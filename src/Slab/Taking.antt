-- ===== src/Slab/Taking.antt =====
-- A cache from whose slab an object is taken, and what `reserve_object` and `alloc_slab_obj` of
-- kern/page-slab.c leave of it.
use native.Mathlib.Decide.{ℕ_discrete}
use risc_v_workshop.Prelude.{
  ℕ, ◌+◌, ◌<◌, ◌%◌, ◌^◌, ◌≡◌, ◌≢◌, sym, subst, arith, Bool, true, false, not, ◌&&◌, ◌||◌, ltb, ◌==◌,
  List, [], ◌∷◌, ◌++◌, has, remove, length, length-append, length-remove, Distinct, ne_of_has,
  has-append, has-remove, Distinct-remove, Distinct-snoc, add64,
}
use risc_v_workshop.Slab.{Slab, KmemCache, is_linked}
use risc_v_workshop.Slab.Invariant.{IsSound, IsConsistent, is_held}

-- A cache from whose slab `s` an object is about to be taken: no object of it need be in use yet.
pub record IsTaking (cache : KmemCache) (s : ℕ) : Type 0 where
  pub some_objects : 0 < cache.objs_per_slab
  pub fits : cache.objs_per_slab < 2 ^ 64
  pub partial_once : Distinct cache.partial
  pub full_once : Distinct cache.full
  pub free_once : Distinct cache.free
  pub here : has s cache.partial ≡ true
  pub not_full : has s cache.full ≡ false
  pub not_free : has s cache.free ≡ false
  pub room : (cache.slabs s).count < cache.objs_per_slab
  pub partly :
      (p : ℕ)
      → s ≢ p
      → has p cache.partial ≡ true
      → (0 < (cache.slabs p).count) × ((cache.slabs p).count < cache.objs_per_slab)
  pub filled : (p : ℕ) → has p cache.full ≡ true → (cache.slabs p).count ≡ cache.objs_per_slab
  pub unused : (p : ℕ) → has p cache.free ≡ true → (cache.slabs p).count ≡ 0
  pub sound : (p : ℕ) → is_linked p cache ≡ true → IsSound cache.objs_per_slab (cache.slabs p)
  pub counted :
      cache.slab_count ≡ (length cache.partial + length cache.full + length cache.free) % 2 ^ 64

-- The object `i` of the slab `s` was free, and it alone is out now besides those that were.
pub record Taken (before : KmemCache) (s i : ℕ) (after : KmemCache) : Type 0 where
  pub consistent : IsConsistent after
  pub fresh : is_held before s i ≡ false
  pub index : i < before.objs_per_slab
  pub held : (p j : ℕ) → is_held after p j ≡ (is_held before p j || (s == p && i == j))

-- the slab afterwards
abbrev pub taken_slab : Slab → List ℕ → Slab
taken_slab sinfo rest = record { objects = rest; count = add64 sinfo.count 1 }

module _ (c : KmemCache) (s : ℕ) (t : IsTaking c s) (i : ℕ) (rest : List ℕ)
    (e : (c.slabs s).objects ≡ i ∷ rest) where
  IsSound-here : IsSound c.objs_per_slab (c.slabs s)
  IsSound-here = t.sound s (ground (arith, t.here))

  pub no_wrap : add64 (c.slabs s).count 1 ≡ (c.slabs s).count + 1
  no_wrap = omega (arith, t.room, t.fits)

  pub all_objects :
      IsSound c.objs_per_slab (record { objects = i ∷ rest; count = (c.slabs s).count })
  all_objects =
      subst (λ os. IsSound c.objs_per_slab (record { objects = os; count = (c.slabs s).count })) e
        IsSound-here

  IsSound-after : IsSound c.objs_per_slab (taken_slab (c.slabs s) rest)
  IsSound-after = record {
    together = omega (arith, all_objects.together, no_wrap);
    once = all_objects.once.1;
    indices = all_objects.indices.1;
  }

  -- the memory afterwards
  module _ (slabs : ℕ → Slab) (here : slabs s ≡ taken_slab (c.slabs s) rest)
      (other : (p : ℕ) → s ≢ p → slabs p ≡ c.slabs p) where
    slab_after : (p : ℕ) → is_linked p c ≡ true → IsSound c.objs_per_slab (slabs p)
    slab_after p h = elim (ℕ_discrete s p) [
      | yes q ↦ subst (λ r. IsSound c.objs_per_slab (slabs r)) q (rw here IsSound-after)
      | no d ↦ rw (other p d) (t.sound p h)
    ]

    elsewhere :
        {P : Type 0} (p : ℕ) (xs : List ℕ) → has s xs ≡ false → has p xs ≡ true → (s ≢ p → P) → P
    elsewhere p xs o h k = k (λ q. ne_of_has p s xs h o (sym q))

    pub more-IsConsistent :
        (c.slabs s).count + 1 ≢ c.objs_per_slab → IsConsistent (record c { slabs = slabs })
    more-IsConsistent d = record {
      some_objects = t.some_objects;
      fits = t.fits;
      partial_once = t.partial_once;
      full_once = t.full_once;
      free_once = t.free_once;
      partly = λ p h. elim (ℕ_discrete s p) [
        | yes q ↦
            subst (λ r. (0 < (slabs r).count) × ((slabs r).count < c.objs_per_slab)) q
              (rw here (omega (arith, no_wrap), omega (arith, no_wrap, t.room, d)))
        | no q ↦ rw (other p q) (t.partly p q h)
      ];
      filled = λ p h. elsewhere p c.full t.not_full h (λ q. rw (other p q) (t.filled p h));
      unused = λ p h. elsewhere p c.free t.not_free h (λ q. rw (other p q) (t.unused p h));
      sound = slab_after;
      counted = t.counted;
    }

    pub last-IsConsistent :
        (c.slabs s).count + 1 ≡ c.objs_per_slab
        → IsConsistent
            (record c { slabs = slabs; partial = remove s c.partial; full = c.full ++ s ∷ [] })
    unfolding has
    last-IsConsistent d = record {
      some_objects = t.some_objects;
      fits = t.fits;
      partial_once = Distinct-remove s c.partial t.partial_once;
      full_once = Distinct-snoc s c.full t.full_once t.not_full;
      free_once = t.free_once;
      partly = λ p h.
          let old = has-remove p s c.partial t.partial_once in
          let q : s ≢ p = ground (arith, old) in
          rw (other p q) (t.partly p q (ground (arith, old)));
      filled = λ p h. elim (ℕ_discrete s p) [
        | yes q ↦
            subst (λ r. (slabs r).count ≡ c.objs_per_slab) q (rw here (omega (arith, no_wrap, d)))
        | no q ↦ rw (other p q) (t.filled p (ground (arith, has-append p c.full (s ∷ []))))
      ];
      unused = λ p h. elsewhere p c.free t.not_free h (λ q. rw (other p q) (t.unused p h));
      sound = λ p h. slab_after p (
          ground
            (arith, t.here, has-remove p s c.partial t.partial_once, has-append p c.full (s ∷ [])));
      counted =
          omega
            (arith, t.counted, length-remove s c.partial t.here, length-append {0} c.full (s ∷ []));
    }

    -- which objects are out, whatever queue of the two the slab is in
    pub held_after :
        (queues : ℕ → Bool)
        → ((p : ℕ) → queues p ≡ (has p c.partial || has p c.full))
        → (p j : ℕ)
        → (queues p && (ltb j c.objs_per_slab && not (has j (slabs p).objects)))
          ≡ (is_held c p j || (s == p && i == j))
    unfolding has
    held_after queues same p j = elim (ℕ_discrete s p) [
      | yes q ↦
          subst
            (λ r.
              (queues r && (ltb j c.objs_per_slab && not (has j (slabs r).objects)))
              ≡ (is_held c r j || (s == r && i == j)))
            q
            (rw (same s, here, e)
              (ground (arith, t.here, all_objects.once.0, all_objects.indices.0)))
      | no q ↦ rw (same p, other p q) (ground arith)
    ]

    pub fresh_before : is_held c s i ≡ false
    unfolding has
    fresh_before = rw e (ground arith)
+++
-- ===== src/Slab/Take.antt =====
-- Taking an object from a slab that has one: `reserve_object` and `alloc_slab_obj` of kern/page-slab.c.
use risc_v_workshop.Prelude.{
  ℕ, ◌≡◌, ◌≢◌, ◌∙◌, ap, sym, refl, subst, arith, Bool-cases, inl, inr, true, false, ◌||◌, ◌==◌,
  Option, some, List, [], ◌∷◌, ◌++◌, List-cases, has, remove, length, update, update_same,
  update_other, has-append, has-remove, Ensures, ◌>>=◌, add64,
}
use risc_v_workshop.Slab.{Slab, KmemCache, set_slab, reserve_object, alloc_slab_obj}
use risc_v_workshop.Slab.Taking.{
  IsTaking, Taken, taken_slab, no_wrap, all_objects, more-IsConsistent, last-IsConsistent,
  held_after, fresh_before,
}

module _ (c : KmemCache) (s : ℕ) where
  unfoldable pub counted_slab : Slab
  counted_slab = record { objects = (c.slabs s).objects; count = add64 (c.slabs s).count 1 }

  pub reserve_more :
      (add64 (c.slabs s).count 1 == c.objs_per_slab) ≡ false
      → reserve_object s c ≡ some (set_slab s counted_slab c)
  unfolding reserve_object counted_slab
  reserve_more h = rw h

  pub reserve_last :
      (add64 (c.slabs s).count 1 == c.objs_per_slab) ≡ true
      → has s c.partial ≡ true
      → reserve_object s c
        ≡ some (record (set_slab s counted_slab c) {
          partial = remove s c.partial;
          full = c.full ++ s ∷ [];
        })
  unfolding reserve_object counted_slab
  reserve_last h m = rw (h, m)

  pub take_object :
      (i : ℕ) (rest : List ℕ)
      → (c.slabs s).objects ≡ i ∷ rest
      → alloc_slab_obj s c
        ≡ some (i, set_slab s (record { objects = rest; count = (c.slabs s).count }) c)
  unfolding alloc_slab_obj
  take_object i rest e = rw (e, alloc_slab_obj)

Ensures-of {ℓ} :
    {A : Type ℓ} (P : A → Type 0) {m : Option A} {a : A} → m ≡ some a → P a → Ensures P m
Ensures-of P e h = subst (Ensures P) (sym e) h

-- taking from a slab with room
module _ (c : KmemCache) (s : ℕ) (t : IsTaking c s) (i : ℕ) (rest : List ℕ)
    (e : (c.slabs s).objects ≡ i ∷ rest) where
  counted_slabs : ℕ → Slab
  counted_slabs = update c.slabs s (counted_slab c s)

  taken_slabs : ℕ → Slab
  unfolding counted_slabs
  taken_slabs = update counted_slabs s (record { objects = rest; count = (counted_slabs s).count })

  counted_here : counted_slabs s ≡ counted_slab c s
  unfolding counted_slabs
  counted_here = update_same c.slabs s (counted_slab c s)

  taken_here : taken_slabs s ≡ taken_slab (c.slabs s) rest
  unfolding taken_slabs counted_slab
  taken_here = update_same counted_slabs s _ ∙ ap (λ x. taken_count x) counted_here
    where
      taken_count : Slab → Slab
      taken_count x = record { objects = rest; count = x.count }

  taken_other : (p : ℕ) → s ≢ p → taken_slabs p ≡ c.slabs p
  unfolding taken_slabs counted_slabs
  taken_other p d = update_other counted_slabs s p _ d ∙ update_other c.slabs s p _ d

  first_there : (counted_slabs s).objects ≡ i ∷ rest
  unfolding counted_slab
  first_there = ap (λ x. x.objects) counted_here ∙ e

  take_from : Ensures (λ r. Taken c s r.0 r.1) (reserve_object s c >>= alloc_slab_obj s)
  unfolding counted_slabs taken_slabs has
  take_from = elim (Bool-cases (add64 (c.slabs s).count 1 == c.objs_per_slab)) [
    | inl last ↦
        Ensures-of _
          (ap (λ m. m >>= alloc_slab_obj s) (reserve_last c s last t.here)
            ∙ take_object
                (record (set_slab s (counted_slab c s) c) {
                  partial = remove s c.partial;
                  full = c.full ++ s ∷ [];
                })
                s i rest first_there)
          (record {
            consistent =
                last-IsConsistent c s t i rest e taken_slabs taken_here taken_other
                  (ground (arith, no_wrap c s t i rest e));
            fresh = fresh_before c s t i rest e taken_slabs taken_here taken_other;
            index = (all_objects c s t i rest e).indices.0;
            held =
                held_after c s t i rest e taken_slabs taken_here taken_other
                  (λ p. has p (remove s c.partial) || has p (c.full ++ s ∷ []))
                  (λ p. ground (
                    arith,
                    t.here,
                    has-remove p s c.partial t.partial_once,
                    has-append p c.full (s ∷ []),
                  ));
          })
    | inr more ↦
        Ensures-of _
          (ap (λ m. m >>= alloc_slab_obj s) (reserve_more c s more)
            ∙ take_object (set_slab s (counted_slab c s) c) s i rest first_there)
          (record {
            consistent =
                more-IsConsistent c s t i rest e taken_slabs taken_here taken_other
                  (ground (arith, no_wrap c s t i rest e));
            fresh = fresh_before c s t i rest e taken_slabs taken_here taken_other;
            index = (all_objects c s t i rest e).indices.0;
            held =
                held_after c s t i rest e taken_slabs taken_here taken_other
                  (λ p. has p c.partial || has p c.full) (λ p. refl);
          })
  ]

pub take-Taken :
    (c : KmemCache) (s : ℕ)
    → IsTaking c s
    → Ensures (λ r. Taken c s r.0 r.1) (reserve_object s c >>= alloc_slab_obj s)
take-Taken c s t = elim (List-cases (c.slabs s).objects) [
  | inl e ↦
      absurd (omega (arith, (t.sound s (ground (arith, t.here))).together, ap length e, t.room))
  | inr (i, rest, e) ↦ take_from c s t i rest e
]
+++
*Action item*
Look through the material above and work out how many of its lines contain "omega". State the number only.

*Response to this exercise*
6